Russell stepped away from the door and made his way through a lightly falling snow, his mind already searching for a plan.

Chapter Two

TUCKER, ILLINOIS, DECEMBER 25, 1958

Russell peered at his son, and remembered the look in Jesse’s eyes when he’d stepped into his path a few hours before. His son had been in the woods near his house, gathering sticks for a snowman. Watching him, Russell had known that this was his only chance to save him. The odd thing was that Jesse had seemed to sense why his father had come for him, and gone with him immediately and without question.

Now they were father and son again, both on the run, hobos together, huddled in a boxcar.

“What are you looking at?” Jesse asked.

“You look like your mother.”

“Everyone says I look more like you.”

Russell reached into his pocket and drew out the medals. “I want you to have these.”

Jesse took them from his hand and stared at them in amazement. “Your war medals.”

Russell indicated the silver star. “I got that after my last mission.”

“The one where you got shot down and captured and saved your whole crew?”

“Yes,” Russell said softly. He could see that something in his tone, the overarching sadness, had registered with his son.

“Mom said it was the war that made you go away,” Jesse said.

“But you know it wasn’t that, don’t you?”

Jesse nodded very slowly. He seemed to be thinking about all the things Russell had told him during the last few hours. His eyes roamed the interior of the railroad car. “Is this what you’ve been doing all this time? Is this where you live?”

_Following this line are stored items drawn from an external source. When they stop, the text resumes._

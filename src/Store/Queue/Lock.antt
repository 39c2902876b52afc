-- ===== src/Store/Queue/Lock.antt =====
-- What the leases of internal/store promise: each search is a lock with a lease, and a call for one
-- search, or for the searches of one job, is a step on the locks alone.
use subsyncd.Common.{
  Bool, Option, ℕ, List, if◌then◌else◌, ◌∷◌, none, [], some, ◌==◌, false, true, ◌||◌, ◌&&◌, leb,
  ◌+◌,
}
use subsyncd.Common.Text.{String, str_eq}
use subsyncd.Store.Queue.Rows.{SearchRow, QueueOrder, Outcome, find_where, is_row, done, failed}
use subsyncd.Common.Time.{Instant, Duration}
use subsyncd.Store.Queue.History.{rows_after}
use subsyncd.Store.Queue.Changes.{schedule_media_search}
use subsyncd.Store.Queue.Leases.{claim_search, renew_search_lease, release_search_lease}

-- A lock is free, or held by a job until a time.
abbrev pub Lock : Type 0
Lock = Option (String × Instant)

abbrev pub Locks : Type 0
Locks = ℕ → String → Lock

abbrev pub lapsed : Instant → Lock → Bool
lapsed now l = elim l [ none ↦ true | some (owner, until) ↦ leb until now ]

abbrev pub owns : String → Lock → Bool
owns job l = elim l [ none ↦ false | some (owner, until) ↦ str_eq owner job ]

-- The calls: `ClaimSearch`, `RenewSearchLease` and `ReleaseSearchLease`, and a change that queues
-- the search again, `scheduleMediaSearchTx`.
pub data LockCall : Type 0 where
  take_lock : QueueOrder → ℕ → String → String → Instant → Duration → LockCall
  extend_lock : String → Instant → Duration → LockCall
  drop_lock : String → LockCall
  queue_again : QueueOrder → ℕ → String → Instant → ℕ → String → LockCall

abbrev pub set_lock : ℕ → String → Lock → Locks → Locks
set_lock id language l locks =
    λ id' language'. if id == id' && str_eq language language' then l else locks id' language'

abbrev pub extended : String → Instant → Lock → Lock
extended job until l = elim l [
  | none ↦ none
  | some (owner, old) ↦ if str_eq owner job then some (owner, until) else some (owner, old)
]

-- What the locks and the caller see of a call.
unfoldable pub lock_step : LockCall → Locks → Locks × Bool
lock_step (take_lock o id language job now lease) locks =
    if str_eq job "" || lease == 0
    then (locks, false)
    else if lapsed now (locks id language) || owns job (locks id language)
    then (set_lock id language (some (job, now + lease)) locks, true)
    else (locks, false)
lock_step (extend_lock job now duration) locks =
    if str_eq job "" || duration == 0
    then (locks, false)
    else (λ id language. extended job (now + duration) (locks id language), false)
lock_step (drop_lock job) locks =
    if str_eq job ""
    then (locks, false)
    else (λ id language. if owns job (locks id language) then none else locks id language, false)
lock_step (queue_again o id language at priority unsupported) locks = (locks, false)

abbrev pub claim_answer : List SearchRow → Outcome Bool → List SearchRow × Bool
claim_answer rows (done rows' claimed) = (rows', claimed)
claim_answer rows (failed _) = (rows, false)

-- The same call on the table, and whether it claimed a search.
unfoldable pub table_step : LockCall → List SearchRow → List SearchRow × Bool
table_step (take_lock o id language job now lease) rows =
    claim_answer rows (claim_search o id language job now lease rows)
table_step (extend_lock job now duration) rows =
    ((renew_search_lease job now duration rows).0, false)
table_step (drop_lock job) rows = (rows_after rows (release_search_lease job rows), false)
table_step (queue_again o id language at priority unsupported) rows =
    (rows_after rows (schedule_media_search o id language at priority unsupported rows), false)

-- The answers of a sequence of calls.
unfoldable pub lock_run : List LockCall → Locks → List Bool
unfolding lock_step
lock_run [] locks = []
lock_run (call ∷ calls) locks = (lock_step call locks).1 ∷ lock_run calls (lock_step call locks).0

unfoldable pub table_run : List LockCall → List SearchRow → List Bool
unfolding table_step
table_run [] rows = []
table_run (call ∷ calls) rows = (table_step call rows).1 ∷ table_run calls (table_step call rows).0

-- The lock that a row stands for, and the table.
abbrev pub lock : SearchRow → Lock
lock r = elim r.lease_owner [
  | none ↦ none
  | some owner ↦ elim r.lease_until [ none ↦ none | some until ↦ some (owner, until) ]
]

abbrev pub lock_of : Option SearchRow → Lock
lock_of o = elim o [ none ↦ none | some r ↦ lock r ]

abbrev pub locks_of : List SearchRow → Locks
locks_of rows = λ id language. lock_of (find_where (is_row id language) rows)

“I live where I can,” Russell answered. “What was happening to me… I didn’t want to bring it home to you and your mother.”

Again, Jesse seemed to go deep inside himself. “Who are they?” he asked finally.

“I don’t know, son.”

“Can you keep them from coming back for me again?”

“I don’t know that either,” Russell answered, drawing his son into his arms. “I’m sure as hell going to try.”

LUBBOCK, TEXAS, DECEMBER 25, 1958

Jacob parted the curtains and looked out the window as a brand-new Buick Special pulled into the driveway, Tom at the wheel, Becky on the passenger side.

He waited for them to come inside, his eyes utterly still, like two small stones at the bottom of an impossibly deep lake.

“Hey, little brother,” Tom said happily as he came through the door.